Grade: D
In one of the many mawkish conversations that occur in Greg Berlanti’s trite ensemble piece about the trials and tribulations of a group of gay pals in L.A., the old, wise character Jack, around whose bar the guys congregate, speaks sagely to one of the brood about the often-frustrating search for a significant other. The problem, he emphasizes, is that everybody seems to be looking for somebody who’s exceptional; but most everyone is just “gay and average.” As “The Broken Hearts Club” demonstrates, however, there’s such a thing as being gay and below average, too.
Although its makers would never admit it, their picture has a lot in common with William Friedkin’s “The Boys in the Band” (1970), in which a bunch of homosexuals indulged in lacerating behavior toward one another during a party. Here the fellows who make up the “club” don’t exhibit the same degree of self-loathing that those in the “band” displayed, and, the times being very different, they don’t engage in the sort of self-destructive behavior that the miserable denizens of Friedkin’s picture did. But despite Berlanti’s obvious desire to make the characters here less uptight and more at ease with themselves, his creations remain for the most part fundamentally self-absorbed and almost exclusively focused on the difficulties of their interrelationships; they exchange lots of catty dialogue that’s supposed to have a sharply humorous edge, but are all basically sick at heart when you dig beneath the surface bravado. And that’s not much unlike what Friedkin purveyed in his filmization of Mart Crowley’s play. The more things have changed, the more they seem the same here.
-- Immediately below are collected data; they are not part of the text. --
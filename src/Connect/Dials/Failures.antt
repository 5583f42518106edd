-- ===== src/Connect/Dials/Failures.antt =====
-- A dial that comes to nothing, step by step: src/helpers/get_internal_websocket.rs and
-- src/helpers/get_outer_websocket.rs.
use atomic_websocket.Base.{
  ℕ, Option, ◌≡◌, refl, ap, sym, is_empty, ◌∙◌, Text, Bool, true, false, if◌then◌else◌, if-true,
  if-false, none, some, [], ◌∷◌, arith, Bool-cases, inl, inr,
}
use atomic_websocket.Runtime.Channel.{Channel}
use atomic_websocket.Runtime.Database.{Database}
use atomic_websocket.Schema.{Primitives}
use atomic_websocket.Address.{outer_ws_url}
use atomic_websocket.Options.{ClientOptions}
use atomic_websocket.Sender.{SenderStatus, ServerSender, sx_drop, drop_old, remove_ip}
use atomic_websocket.Sender.Persist.{Session, remove_ip_if_valid_server_ip}
use atomic_websocket.Connect.{try_acquire, set_try_connect, reset_try_connect}
use atomic_websocket.Connect.Dials.{
  Handshake, opened, refused, timed_out, fails, ok, Course, handle_websocket,
  get_internal_websocket, wrap_get_internal_websocket, get_outer_websocket, acquired_internal,
  acquired_outer, give_up, wrapped,
}

module _ (S : Channel SenderStatus) (C : Channel Text) (D : Database) (P : Primitives) where
  -- The flag up and down again around what an operation does to the rest.
  pub reset_lem :
      (w : Session S C D P)
      → w.sender.is_try_connect ≡ false
      → reset_try_connect S C D P (set_try_connect S C D P true w) ≡ w
  unfolding reset_try_connect
  reset_lem w h = ground (arith, h)

  pub give_up_lem :
      (w : Session S C D P)
      → w.sender.is_try_connect ≡ false
      → give_up S C D P (set_try_connect S C D P true w) ≡ remove_ip_if_valid_server_ip S C D P w
  unfolding reset_try_connect remove_ip_if_valid_server_ip remove_ip sx_drop
  give_up_lem w h = ground (arith, h)

  pub acquired :
      (w : Session S C D P)
      → w.sender.is_try_connect ≡ false
      → try_acquire S C D P w ≡ some (set_try_connect S C D P true w)
  unfolding try_acquire
  acquired w h = if-false _ _ _ h

  pub wrapped_failed :
      (is_utf8 : Text → Bool) (shake : Handshake) (c : Course S C D P) (server_ip : Text)
      (options : ClientOptions) (w : Session S C D P)
      → fails shake ≡ true
      → w.sender.is_try_connect ≡ false
      → wrap_get_internal_websocket S C D P is_utf8 shake c server_ip options w
        ≡ some (true, remove_ip_if_valid_server_ip S C D P w)
  unfolding get_internal_websocket wrap_get_internal_websocket
  wrapped_failed is_utf8 opened c server_ip options w f h = cc
  wrapped_failed is_utf8 refused c server_ip options w f h =
      ap
        (λ o. wrapped S C D P (
          acquired_internal S C D P refused (handle_websocket S C D P is_utf8 server_ip options c) w
            o))
        (acquired w h)
      ∙ ap (λ v. some (true, v)) (give_up_lem w h)
  wrapped_failed is_utf8 timed_out c server_ip options w f h =
      ap
        (λ o. wrapped S C D P (
          acquired_internal S C D P timed_out (handle_websocket S C D P is_utf8 server_ip options c)
            w o))
        (acquired w h)
      ∙ ap (λ v. some (true, v)) (give_up_lem w h)

  pub outer_failed :
      (rustls : Bool) (is_utf8 : Text → Bool) (shake : Handshake) (c : Course S C D P)
      (options : ClientOptions) (w : Session S C D P)
      → fails shake ≡ true
      → w.sender.is_try_connect ≡ false
      → get_outer_websocket S C D P rustls is_utf8 shake c options w ≡ some (ok, w)
  unfolding get_outer_websocket
  outer_failed rustls is_utf8 opened c options w f h = cc
  outer_failed rustls is_utf8 refused c options w f h =
      ap
        (acquired_outer S C D P refused
          (handle_websocket S C D P is_utf8 (outer_ws_url rustls options.url) options c) w)
        (acquired w h)
      ∙ ap (λ v. some (ok, v)) (reset_lem w h)
  outer_failed rustls is_utf8 timed_out c options w f h =
      ap
        (acquired_outer S C D P timed_out
          (handle_websocket S C D P is_utf8 (outer_ws_url rustls options.url) options c) w)
        (acquired w h)
      ∙ ap (λ v. some (ok, v)) (reset_lem w h)

  drop_old_lem :
      (o : Option ℕ) (s : ServerSender S C)
      → s.sx ≡ o
      → ((drop_old S C o s).sx ≡ none)
        × ((drop_old S C o s).is_try_connect ≡ s.is_try_connect)
        × ((drop_old S C o s).buffers ≡ s.buffers)
  drop_old_lem none s h = (h, refl, refl)
  drop_old_lem (some sx) s h = (refl, refl, refl)

  empty_lem : (t : Text) → is_empty t ≡ true → t ≡ []
  empty_lem [] h = refl
  empty_lem (x ∷ t) h = cc

  pub remove_ip_lem :
      (s : ServerSender S C)
      → ((remove_ip S C s).server_ip ≡ [])
        × ((remove_ip S C s).is_try_connect ≡ s.is_try_connect)
        × ((remove_ip S C s).sx ≡ (if is_empty s.server_ip then s.sx else none))
        × ((remove_ip S C s).buffers ≡ s.buffers)
  unfolding remove_ip sx_drop
  remove_ip_lem s = elim (Bool-cases (is_empty s.server_ip)) [
    | inl e ↦
        let same : remove_ip S C s ≡ s = if-true _ _ _ e in
        (
          ap (λ (t : ServerSender S C). t.server_ip) same ∙ empty_lem s.server_ip e,
          ap (λ (t : ServerSender S C). t.is_try_connect) same,
          ap (λ (t : ServerSender S C). t.sx) same ∙ sym (if-true _ _ _ e),
          ap (λ (t : ServerSender S C). t.buffers) same,
        )
    | inr e ↦
        let gone : remove_ip S C s ≡ record (drop_old S C s.sx s) { server_ip = [] } =
          if-false _ _ _ e in
        let (sx, flag, buffers) = drop_old_lem s.sx s refl in
        (
          ap (λ (t : ServerSender S C). t.server_ip) gone,
          ap (λ (t : ServerSender S C). t.is_try_connect) gone ∙ flag,
          ap (λ (t : ServerSender S C). t.sx) gone ∙ sx ∙ sym (if-false _ _ _ e),
          ap (λ (t : ServerSender S C). t.buffers) gone ∙ buffers,
        )
  ]
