-- ===== src/Connect/Dials/Ends.antt =====
-- How a dial of a client ends: src/helpers/get_internal_websocket.rs and
-- src/helpers/get_outer_websocket.rs.
use mathlib.Core.Option
use atomic_websocket.Base.{
  ℕ, ◌≡◌, refl, ap, ap₂, sym, subst, ◌≤◌, is_empty, ◌∙◌, Text, Bool, true, false, if◌then◌else◌,
  if-true, if-false, none, some, List, [], ◌∷◌, ◌++◌, arith, Bool-cases, inl, inr,
}
use atomic_websocket.Runtime.Channel.{Channel}
use atomic_websocket.Runtime.Database.{Database}
use atomic_websocket.Schema.{Primitives}
use atomic_websocket.Schema.Codecs.{ArePrimitives}
use atomic_websocket.Options.{ClientOptions}
use atomic_websocket.Message.{ping}
use atomic_websocket.Spillover.{Buffers}
use atomic_websocket.Store.{get_client_id, get_server_connect_info}
use atomic_websocket.Server.Streams.{Pass}
use atomic_websocket.Sender.{
  SenderStatus, ServerSender, waits, limit_count, sx_drop, drop_old, remove_ip, connected, notify,
  write_received_times,
}
use atomic_websocket.Sender.Inbox.{SameInbox, notify-SameInbox, send-SameInbox}
use atomic_websocket.Sender.Attempts.{FirstWaiting}
use atomic_websocket.Sender.Retries.{IsAnswered, send-returns, send-waits_iff}
use atomic_websocket.Store.Identity.{IsHealthy, PortIsShort, cleared, get-clear_server_ip}
use atomic_websocket.Sender
use atomic_websocket.Sender.Persist.{Session, add, remove_ip_if_valid_server_ip}
use atomic_websocket.Connect.{with_sender, set_try_connect, session_start}
use atomic_websocket.Connect.Stream.{Turn, Stream, run, reader_start, turn_ends}
use atomic_websocket.Connect.Stream.Received.{run-offer_all}
use atomic_websocket.Spillover.Each.{offer_all}
use atomic_websocket.Connect.Stream.Expected.{for_application, frames}
use atomic_websocket.Connect.Stream.Writer.{write_out, written, write_out-append, write_out-buffers}
use atomic_websocket.Connect.Dials.Failures.{acquired, wrapped_failed, outer_failed, remove_ip_lem}
use atomic_websocket.Connect.Dials.{
  Handshake, opened, fails, ok, Course, handle_websocket, read_on, get_internal_websocket,
  wrap_get_internal_websocket, get_outer_websocket, acquired_internal,
}

module _ (S : Channel SenderStatus) (C : Channel Text) (D : Database) (P : Primitives) where
  -- A dial that is refused or times out, and that found the flag down, leaves it down. An outer dial
  -- leaves the sender and the store as they were. After an internal one no address is left, in the
  -- sender nor in the store, whatever the options say of keeping it; the port in the store is kept
  -- where it is a run of digits, a sender that had an address has dropped its connection, and the
  -- wrapper still answers `true`. Of the store this is said where every transaction of the database
  -- goes through and the port that is stored is short enough to be written again.
  pub failed_dials :
      (A : ArePrimitives P) (H : IsHealthy D) (rustls : Bool) (is_utf8 : Text → Bool)
      (shake : Handshake) (c : Course S C D P) (server_ip : Text) (options : ClientOptions)
      (w : Session S C D P)
      → fails shake ≡ true
      → w.sender.is_try_connect ≡ false
      → PortIsShort D H P A (get_server_connect_info D P w.db)
      → ((y : Session S C D P) × (wrap_get_internal_websocket S C D P is_utf8 shake c server_ip
              options w
            ≡ some (true, y))
          × (y.sender.server_ip ≡ [])
          × (y.sender.is_try_connect ≡ false)
          × (y.sender.sx ≡ (if is_empty w.sender.server_ip then w.sender.sx else none))
          × (get_server_connect_info D P y.db ≡ cleared D H P A (get_server_connect_info D P w.db)))
        × (get_outer_websocket S C D P rustls is_utf8 shake c options w ≡ some (ok, w))
  unfolding remove_ip_if_valid_server_ip
  failed_dials A H rustls is_utf8 shake c server_ip options w f h p =
      let (address, flag, sx, kept) = remove_ip_lem S C D P w.sender in
      (
        (
          remove_ip_if_valid_server_ip S C D P w,
          wrapped_failed S C D P is_utf8 shake c server_ip options w f h,
          address,
          flag ∙ h,
          sx,
          get-clear_server_ip D H P A w.db p,
        ),
        outer_failed S C D P rustls is_utf8 shake c options w f h,
      )

  notified :
      (now : ℕ) (s : ServerSender S C)
      → SameInbox S C s (notify S C connected (write_received_times S C now s))
  unfolding write_received_times
  notified now s =
      let n = notify-SameInbox S C connected (write_received_times S C now s) in
      record { buffers = n.buffers; options = n.options }

  add-SameInbox :
      (sx : ℕ) (server_ip : Text) (w : Session S C D P)
      → SameInbox S C w.sender (add S C D P sx server_ip w).sender
  unfolding add Sender.add sx_drop
  add-SameInbox sx server_ip w = record { buffers = ground arith; options = ground arith }

  -- The first ping of a session, if there is one, is not left waiting for room in the channel.
  abbrev pub PingReturns : ClientOptions → Course S C D P → ServerSender S C → Type 0
  PingReturns options c s = options.use_ping ≡ true → IsAnswered S C s c.replies

  started :
      (is_utf8 : Text → Bool) (c : Course S C D P) (server_ip : Text) (options : ClientOptions)
      (w : Session S C D P)
      → PingReturns options c w.sender
      → (v : Session S C D P) × (session_start S C D P c.now c.replies is_utf8 c.sx server_ip
            options w
          ≡ some v)
        × SameInbox S C w.sender v.sender
  unfolding session_start
  started is_utf8 c server_ip options w answered =
      let a = add-SameInbox c.sx server_ip w in
      let w' = add S C D P c.sx server_ip w in
      elim (Bool-cases options.use_ping) [
        | inl e ↦
            let still : IsAnswered S C w'.sender c.replies =
              subst
                (λ (o : ClientOptions).
                  (i : ℕ) → i ≤ limit_count o.retry_seconds → c.replies i ≡ waits → ⊥)
                (sym a.options) (answered e) in
            let (s, sent) =
              send-returns S C c.replies (ping (get_client_id D is_utf8 w.db)) w'.sender still in
            let b = send-SameInbox S C c.replies _ _ s sent in
            (
              record w' { sender = s },
              if-true _ _ _ e ∙ ap (with_sender S C D P w') sent,
              record { buffers = b.buffers ∙ a.buffers; options = b.options ∙ a.options },
            )
        | inr e ↦
            let b = notified c.now w'.sender in
            (
              _,
              if-false _ _ _ e,
              record { buffers = b.buffers ∙ a.buffers; options = b.options ∙ a.options },
            )
      ]

  -- Where a dial that found the flag down succeeds, the channel leaves no attempt of its first ping
  -- waiting, and its writer meets a turn that ends it, behind messages that do not: then the dial
  -- answers `Ok`, the single-flight flag is down, and the application has been offered exactly the
  -- messages of its server, in order: those before the first disconnect or the end of the stream that
  -- can be read and are no pong, whatever other tasks sent meanwhile, and whether or not their sends
  -- returned.
  pub get_internal_websocket-opened :
      (is_utf8 : Text → Bool) (c : Course S C D P) (server_ip : Text) (options : ClientOptions)
      (w : Session S C D P) (fs : List Text) (t : Turn) (rest : List Turn)
      → w.sender.is_try_connect ≡ false
      → PingReturns options c w.sender
      → c.turns ≡ written fs ++ t ∷ rest
      → Pass fs
      → turn_ends t ≡ true
      → (y : Session S C D P) × (get_internal_websocket S C D P is_utf8 opened c server_ip options w
          ≡ some (ok, y))
        × (y.sender.is_try_connect ≡ false)
        × (y.sender.buffers
            ≡ offer_all C w.sender.options.spillover_buffer_size w.sender.buffers
                (for_application P (frames c.events)))
  unfolding get_internal_websocket handle_websocket write_out
  get_internal_websocket-opened is_utf8 c server_ip options w fs t rest h answered e p q =
      let w' = set_try_connect S C D P true w in
      let id = get_client_id D is_utf8 w.db in
      let (v, start, same) = started is_utf8 c server_ip options w' answered in
      let x0 : Stream S C D P c.sx server_ip id = record {
        reader = reader_start options;
        session = v;
      } in
      let x = run S C D P c.sx server_ip id c.events x0 in
      let left = write_out-append S C D P fs t rest x.session p q in
      (
        (write_out S C D P c.turns x.session).1,
        ap
              (acquired_internal S C D P opened
                (handle_websocket S C D P is_utf8 server_ip options c) w)
              (acquired S C D P w h)
            ∙ ap (Option.map (λ y. (ok, y))) (ap (read_on S C D P options c server_ip id) start),
        ap (λ ts. (write_out S C D P ts x.session).1.sender.is_try_connect) e ∙ left.1,
        write_out-buffers S C D P c.turns x.session
            ∙ run-offer_all S C D P c.sx server_ip id c.events x0 refl
            ∙ ap₂
                (λ (o : ClientOptions) (k : Buffers C).
                  offer_all C o.spillover_buffer_size k (for_application P (frames c.events)))
                same.options same.buffers,
      )

  -- A session that pings and finds its channel full, with nothing that empties it, never comes to its
  -- writer: the dial does not return.
  get_internal_websocket-hangs :
      (is_utf8 : Text → Bool) (c : Course S C D P) (server_ip : Text) (options : ClientOptions)
      (w : Session S C D P)
      → w.sender.is_try_connect ≡ false
      → options.use_ping ≡ true
      → c.replies 0 ≡ waits
      → get_internal_websocket S C D P is_utf8 opened c server_ip options w ≡ none
  unfolding get_internal_websocket handle_websocket session_start add Sender.add FirstWaiting
  get_internal_websocket-hangs is_utf8 c server_ip options w h e k =
      let w' = set_try_connect S C D P true w in
      let v = add S C D P c.sx server_ip w' in
      let id = get_client_id D is_utf8 w.db in
      let hung =
        (send-waits_iff S C c.replies (ping id) v.sender c.sx refl).1
          (0, omega arith, (k, λ i l. absurd (omega arith))) in
      let start : session_start S C D P c.now c.replies is_utf8 c.sx server_ip options w' ≡ none =
        if-true _ _ _ e ∙ ap (with_sender S C D P v) hung in
      ap (acquired_internal S C D P opened (handle_websocket S C D P is_utf8 server_ip options c) w)
        (acquired S C D P w h)
      ∙ ap (Option.map (λ y. (ok, y))) (ap (read_on S C D P options c server_ip id) start)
It would help if Berlanti were able to draw his characters with any real depth or poignancy. But this scripter of “Dawson’s Creek” shows about the same level of insight and profundity on the big screen as he does on the small one; his theatrical script is as shallow as the ones he cranks out for his series. The figures in “Club” are all glib, superficial types, as stereotypical as those whom Crowley fashioned so long ago. There’s the aging artist Dennis (Timothy Olyphant), who’s reached a mid-life crisis, and his dashing if a bit dim roommate Cole (Dean Cain). There’s Kevin, the kid just coming out (Andrew Keegan). There’s effeminate Taylor (Billy Porter) who’s destroyed by his lover’s infidelity, and disconsolate Patrick (Ben Weber) who’s asked by his lesbian sister to father the child she and her partner want, and Benji (Zach Braff) who links up with a gym guy to unhappy effect, and Howie (Matt McGrath) who’s lovesick over his ex Marshall (Justin Theroux). And presiding over all, like an amiable den mother, is the lovable Jack. All these characters bicker as they talk interminably about their emotional turmoil; some of the individual lines are lively enough, but as a whole the discourse is just too facile and contrived to seem anything but what it is: stagey phoniness. And then Berlanti tosses in “crises”–breakups, struggles over partners, career choices, overdoses, even a convenient heart attack–to drag the piece toward resolutions for various of the characters and a predictably heart-tugging finale. It’s all so calculated and dramatically obvious as to resemble a season’s worth of a WB series crammed into a mere ninety minutes.
Most of the cast doesn’t help, overplaying with the customary gusto of those saddled with the task of depicting stereotypical gays (even the veteran Mahoney falls into the trap, though Porter is the worst offender). The only exceptions are Cain and Keegan, who manage to be unforced and natural rather than over-the-top; Cain in particular draws an affable, comfortable figure.
But unless you want to see a former Superman playing a gay guy, “The Broken Hearts Club” has disappointingly little to offer. At another point amidst the verbiage one of the crew complains that despite their friendship, the members of the club make each other miserable. He’s far too modest: they make the audience pretty miserable, too.